In keeping with the sonic segregation that mirrored the social segregation of the era, white music industry executives and the white musicians who served as their faithful foot soldiers seemed hell-bent on having white rock & roll cover versions replace the black rhythm & blues original versions on the charts, on the radio, in the jukeboxes, and in the records stores. Looking at this situation from the point of view of the black pioneers of rock & roll and not the longstanding tendency to view it almost exclusively from the point of view of the white popularizers of rock & roll, it is rather apparent that the very same media machine that tended to have a racially biased response to the Civil Rights Movement put into play a similar response with regard to the cover version craze. Pop radio, by definition, is supposed to play the most popular songs at the time. We need mince no words about this. It should be obvious.

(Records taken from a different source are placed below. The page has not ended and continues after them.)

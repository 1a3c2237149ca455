-- ===== src/Ir/Cfg/Steps.antt =====
-- Properties of nodes that go backwards along the control flow, and the single steps with which
-- scanner/src/aegify/ir/program_graph.py builds it.
use aegify.Base.{
  ℕ, suc, ◌≡◌, refl, subst, sym, ◌⊎◌, inl, inr, Bool, true, false, String, Option, none, some, List,
  [], ◌∷◌, All, Member, append-cases, if◌then◌else◌, str_eq, str_mem,
}
use aegify.Ir.Cfg.Nodes.{
  Info, function_terminal_types, Statements, Clause, absent, present, Cases, no_case, case, Catches,
  no_catch, catch,
}
use aegify.Ir.Cfg.Graph.{
  Role, NodeId, id_of, function_part, Facts, Attributes, CfgEdge, Graph, add_node, add_edge, cfg,
  Tail, link_tails, join_tails, join_nodes, add_join,
}
use aegify.Ir.Cfg.Emit.{
  Targets, terminal, statement_id, jump, emit_terminal, emit_jump, emit_simple, case_kind,
  emit_entries, emit_no_match, emit_uncaught, add_finally_entry, finish_finally, enter,
}
use aegify.Ir.Cfg.Grows.{
  Grows, grow_on, stay, Result, add_edge-Grows, add_edge-Member, link_tails-Grows, join_tails-Grows,
  if-Grows, finish_finally-Grows, emit_entries-Grows,
}

-- A property of nodes that holds at the source of every control flow edge of the graph whose target
-- has it.
pub record IsBackward (whole : Graph) (P : NodeId → Type 0) : Type 0 where
  pub back : (e : CfgEdge) → Member e whole.edges → e.overlay ≡ "cfg" → P e.target → P e.source

module _ (whole : Graph) (P : NodeId → Type 0) (b : IsBackward whole P) where
  abbrev pub TailsEnd : List Tail → Type 0
  TailsEnd = All (λ t. P t.0)

  -- An edge of the second graph is one of the first, or leads to a node with the property.
  pub record Ends (g h : Graph) : Type 0 where
    pub ends : (e : CfgEdge) → Member e h.edges → Member e g.edges ⊎ P e.target

  pub none_new : (g h : Graph) → g.edges ≡ h.edges → Ends g h
  none_new g h p = record { ends = λ e m. inl (subst (Member e) (sym p) m) }

  pub end_on : {g h k : Graph} → Ends g h → Ends h k → Ends g k
  end_on p q = record { ends = λ e m. elim (q.ends e m) [ inl n ↦ p.ends e n | inr r ↦ inr r ] }

  last_member : (e d : CfgEdge) → Member e (d ∷ []) → P d.target → P e.target
  last_member e d (Member.here p) h = subst (λ x. P x.target) (sym p) h
  last_member e d (Member.there m) h = absurd (elim m [ ])

  pub add_edge-Ends : (e : CfgEdge) (g : Graph) → P e.target → Ends g (add_edge e g)
  unfolding add_edge
  add_edge-Ends e g h = record {
    ends = λ x m. elim (append-cases x g.edges (e ∷ []) m) [
      | inl n ↦ inl n
      | inr n ↦ inr (last_member x e n h)
    ];
  }

  pub add_node-Ends : (x : NodeId) (a : Attributes) (g : Graph) → Ends g (add_node x a g)
  unfolding add_node
  add_node-Ends x a g = none_new _ _ refl

  pub add_join-Ends : (x : NodeId) (g : Graph) → Ends g (add_join x g)
  unfolding add_join
  add_join-Ends x g = add_node-Ends x _ g

  -- The source of an edge that was added to a part of the graph.
  pub source_ends :
      (kind : String) (s t : NodeId) (g : Graph)
      → Grows (add_edge (cfg kind s t) g) whole
      → P t
      → P s
  source_ends kind s t g k h =
      b.back (cfg kind s t) (k.keeps _ (add_edge-Member (cfg kind s t) g)) refl h

  pub link_tails-Ends :
      (x : NodeId) (tails : List Tail) (g : Graph)
      → Grows (link_tails x tails g) whole
      → P x
      → TailsEnd tails × Ends g (link_tails x tails g)
  unfolding link_tails
  link_tails-Ends x [] g k h = (tt, none_new _ _ refl)
  link_tails-Ends x ((t, kind) ∷ tails) g k h =
      let (rest, new) = link_tails-Ends x tails (add_edge (cfg kind t x) g) k h in
      (
        (source_ends kind t x g (grow_on (link_tails-Grows x tails _) k) h, rest),
        end_on (add_edge-Ends _ g h) new,
      )

  pub join_tails-Ends :
      (kind : String) (x : NodeId) (tails : List Tail) (g : Graph)
      → Grows (join_tails kind x tails g) whole
      → P x
      → TailsEnd tails × Ends g (join_tails kind x tails g)
  unfolding join_tails
  join_tails-Ends kind x [] g k h = (tt, none_new _ _ refl)
  join_tails-Ends kind x ((t, l) ∷ tails) g k h =
      let (rest, new) = join_tails-Ends kind x tails (add_edge (cfg kind t x) g) k h in
      (
        (source_ends kind t x g (grow_on (join_tails-Grows kind x tails _) k) h, rest),
        end_on (add_edge-Ends _ g h) new,
      )

  pub join_nodes-Ends :
      (kind : String) (x : NodeId) (ns : List NodeId) (g : Graph)
      → P x
      → Ends g (join_nodes kind x ns g)
  unfolding join_nodes
  join_nodes-Ends kind x [] g h = none_new _ _ refl
  join_nodes-Ends kind x (n ∷ ns) g h = end_on (add_edge-Ends _ g h) (join_nodes-Ends kind x ns _ h)

  abbrev pub OptionEnds : Option NodeId → Type 0
  OptionEnds none = Unit
  OptionEnds (some x) = P x

  -- The places where a statement may jump to.
  pub record TargetsEnd (c : Targets) : Type 0 where
    pub at_exit : P (function_part Role.exit)
    pub at_break : OptionEnds c.break_target
    pub at_continue : OptionEnds c.continue_target
    pub at_terminal : OptionEnds c.terminal_target

  either_end :
      (o : Option NodeId) (x : NodeId) → P x → OptionEnds o → P (elim o [ none ↦ x | some y ↦ y ])
  either_end none x p q = p
  either_end (some y) x p q = q

  pub terminal-Ends : (c : Targets) → TargetsEnd c → P (terminal c)
  terminal-Ends c t = either_end c.terminal_target (function_part Role.exit) t.at_exit t.at_terminal

  -- A statement's result, once the statement has been entered.
  abbrev Completes : Info → Graph → Result → Type 0
  Completes i g r = TailsEnd r.0 → Grows r.1 whole → P (statement_id i) × Ends g r.1

  if-Completes :
      (t : Bool) (i : Info) (g : Graph) (r q : Result)
      → Completes i g r
      → Completes i g q
      → Completes i g (if t then r else q)
  if-Completes true i g r q p s = p
  if-Completes false i g r q p s = s

  jump-Completes :
      (kind : String) (i : Info) (x : NodeId) (g : Graph) → P x → Completes i g (jump kind i x g)
  jump-Completes kind i x g h out k =
      (source_ends kind (statement_id i) x g k h, add_edge-Ends _ g h)

  emit_jump-Completes :
      (syntax kind : String) (o : Option NodeId) (i : Info) (g : Graph) (r : Result)
      → OptionEnds o
      → Completes i g r
      → Completes i g (emit_jump syntax kind o i g r)
  unfolding emit_jump
  emit_jump-Completes syntax kind none i g r h p = p
  emit_jump-Completes syntax kind (some x) i g r h p =
      if-Completes (str_eq i.kind syntax) i g _ r (jump-Completes kind i x g h) p

  emit_terminal-Completes :
      (c : Targets) (i : Info) (g : Graph) → TargetsEnd c → Completes i g (emit_terminal c i g)
  unfolding emit_terminal
  emit_terminal-Completes c i g t =
      if-Completes (str_mem i.kind function_terminal_types) i g _ _
        (jump-Completes _ i (terminal c) g (terminal-Ends c t))
        (λ out k. (out.0, none_new _ _ refl))

  pub emit_simple-Completes :
      (c : Targets) (i : Info) (g : Graph) → TargetsEnd c → Completes i g (emit_simple c i g)
  unfolding emit_simple
  emit_simple-Completes c i g t = emit_jump-Completes _ _ c.break_target i g _ t.at_break (
      emit_jump-Completes _ _ c.continue_target i g _ t.at_continue
        (emit_terminal-Completes c i g t))

  -- The entries of the cases from the given number on.
  abbrev pub CasesEnd : Info → ℕ → Cases → Type 0
  CasesEnd i n no_case = Unit
  CasesEnd i n (case d s cs) = P (id_of Role.case_entry i n) × CasesEnd i (suc n) cs

  pub emit_entries-Ends :
      (i : Info) (n : ℕ) (cs : Cases) (g : Graph) → CasesEnd i n cs → Ends g (emit_entries i n cs g)
  unfolding emit_entries
  emit_entries-Ends i n no_case g h = none_new _ _ refl
  emit_entries-Ends i n (case d s cs) g h =
      end_on (add_join-Ends _ g)
        (end_on (add_edge-Ends _ _ h.0) (emit_entries-Ends i (suc n) cs _ h.1))

  -- The statement goes on to its first case.
  pub entries_source :
      (i : Info) (d : Bool) (s : Statements) (cs : Cases) (g : Graph)
      → Grows (emit_entries i 0 (case d s cs) g) whole
      → P (id_of Role.case_entry i 0)
      → P (statement_id i)
  unfolding emit_entries
  entries_source i d s cs g k h =
      source_ends (case_kind d) (statement_id i) (id_of Role.case_entry i 0) _
        (grow_on (emit_entries-Grows i 1 cs _) k) h

  pub if-Ends : (t : Bool) (g h k : Graph) → Ends g h → Ends g k → Ends g (if t then h else k)
  if-Ends true g h k p q = p
  if-Ends false g h k p q = q

  pub emit_no_match-Ends :
      (i : Info) (g : Graph) → P (id_of Role.switch_exit i 0) → Ends g (emit_no_match i g)
  unfolding emit_no_match
  emit_no_match-Ends i g h = if-Ends _ g g _ (none_new _ _ refl) (add_edge-Ends _ g h)

  pub emit_uncaught-Ends :
      (c : Targets) (k : Catches) (ns : List NodeId) (g : Graph)
      → TargetsEnd c
      → Ends g (emit_uncaught c k ns g)
  unfolding emit_uncaught
  emit_uncaught-Ends c no_catch ns g t = join_nodes-Ends _ (terminal c) ns g (terminal-Ends c t)
  emit_uncaught-Ends c (catch s k) ns g t = none_new _ _ refl

  abbrev pub FinallyEnds : Info → Clause → Type 0
  FinallyEnds i absent = Unit
  FinallyEnds i (present s) = P (id_of Role.finally_entry i 0)

  pub finally_entry-Ends : (i : Info) (f : Clause) (g : Graph) → Ends g (add_finally_entry i f g)
  unfolding add_finally_entry
  finally_entry-Ends i absent g = none_new _ _ refl
  finally_entry-Ends i (present s) g = add_join-Ends _ g

  pub finish_finally-Ends :
      (c : Targets) (i : Info) (r : Bool) (tails : List Tail) (g : Graph)
      → TargetsEnd c
      → P (id_of Role.try_exit i 0)
      → Grows (finish_finally c i r tails g) whole
      → TailsEnd tails × Ends g (finish_finally c i r tails g)
  unfolding finish_finally
  finish_finally-Ends c i r [] g t h k = (tt, none_new _ _ refl)
  finish_finally-Ends c i r ((x, l) ∷ tails) g t h k =
      let (rest, new) = finish_finally-Ends c i r tails _ t h k in
      (
        (
          source_ends "finally-complete" x (id_of Role.try_exit i 0) g
              (grow_on (if-Grows r _ _ _ (add_edge-Grows _ _) (stay _ _ refl))
                (grow_on (finish_finally-Grows c i r tails _) k))
              h,
          rest,
        ),
        end_on (add_edge-Ends _ g h) (
            end_on (if-Ends r _ _ _ (add_edge-Ends _ _ (terminal-Ends c t)) (none_new _ _ refl))
              new),
      )

  pub enter-Ends :
      (data_facts : List ℕ → Facts) (i : Info) (text : List ℕ) (tails : List Tail) (g : Graph)
      → Grows (enter data_facts i text tails g) whole
      → P (statement_id i)
      → TailsEnd tails × Ends g (enter data_facts i text tails g)
  unfolding enter
  enter-Ends data_facts i text tails g k h =
      let (all, new) = link_tails-Ends (statement_id i) tails _ k h in
      (all, end_on (add_node-Ends _ _ g) (end_on (add_edge-Ends _ _ h) new))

However, roughly between 1954 and 1957 the prevalence, persistence, and sheer power of anti-black racist attitudes and assumptions appear to have influenced the economic agendas of white music industry executives, ultimately allowing them to either downplay or completely dismiss the ways in which their business practices translated into the sonic segregation, musical colonization, and economic exploitation of rhythm & blues and black rock & roll singer-songwriters. To put it as plainly as possible, seriously analysis of pop radio during the Civil Rights Movement reveals the ways in which social segregation intersected and overlapped with sonic segregation because the fact of the matter is that pop radio quite simply did not always and in every instance play the most popular songs in the United States if they were by African American artists. Once again, where most rock critics have downplayed or attempted to gloss over the very real, historically documented sonic segregation, musical colonization, and economic exploitation at the heart of the cover version phenomenon, Portia Maultsby (1985) has described it in contrast and more correctly as “the most widespread, systematic rape and uncompensated cultural exploitation the entertainment industry has ever seen” (xi).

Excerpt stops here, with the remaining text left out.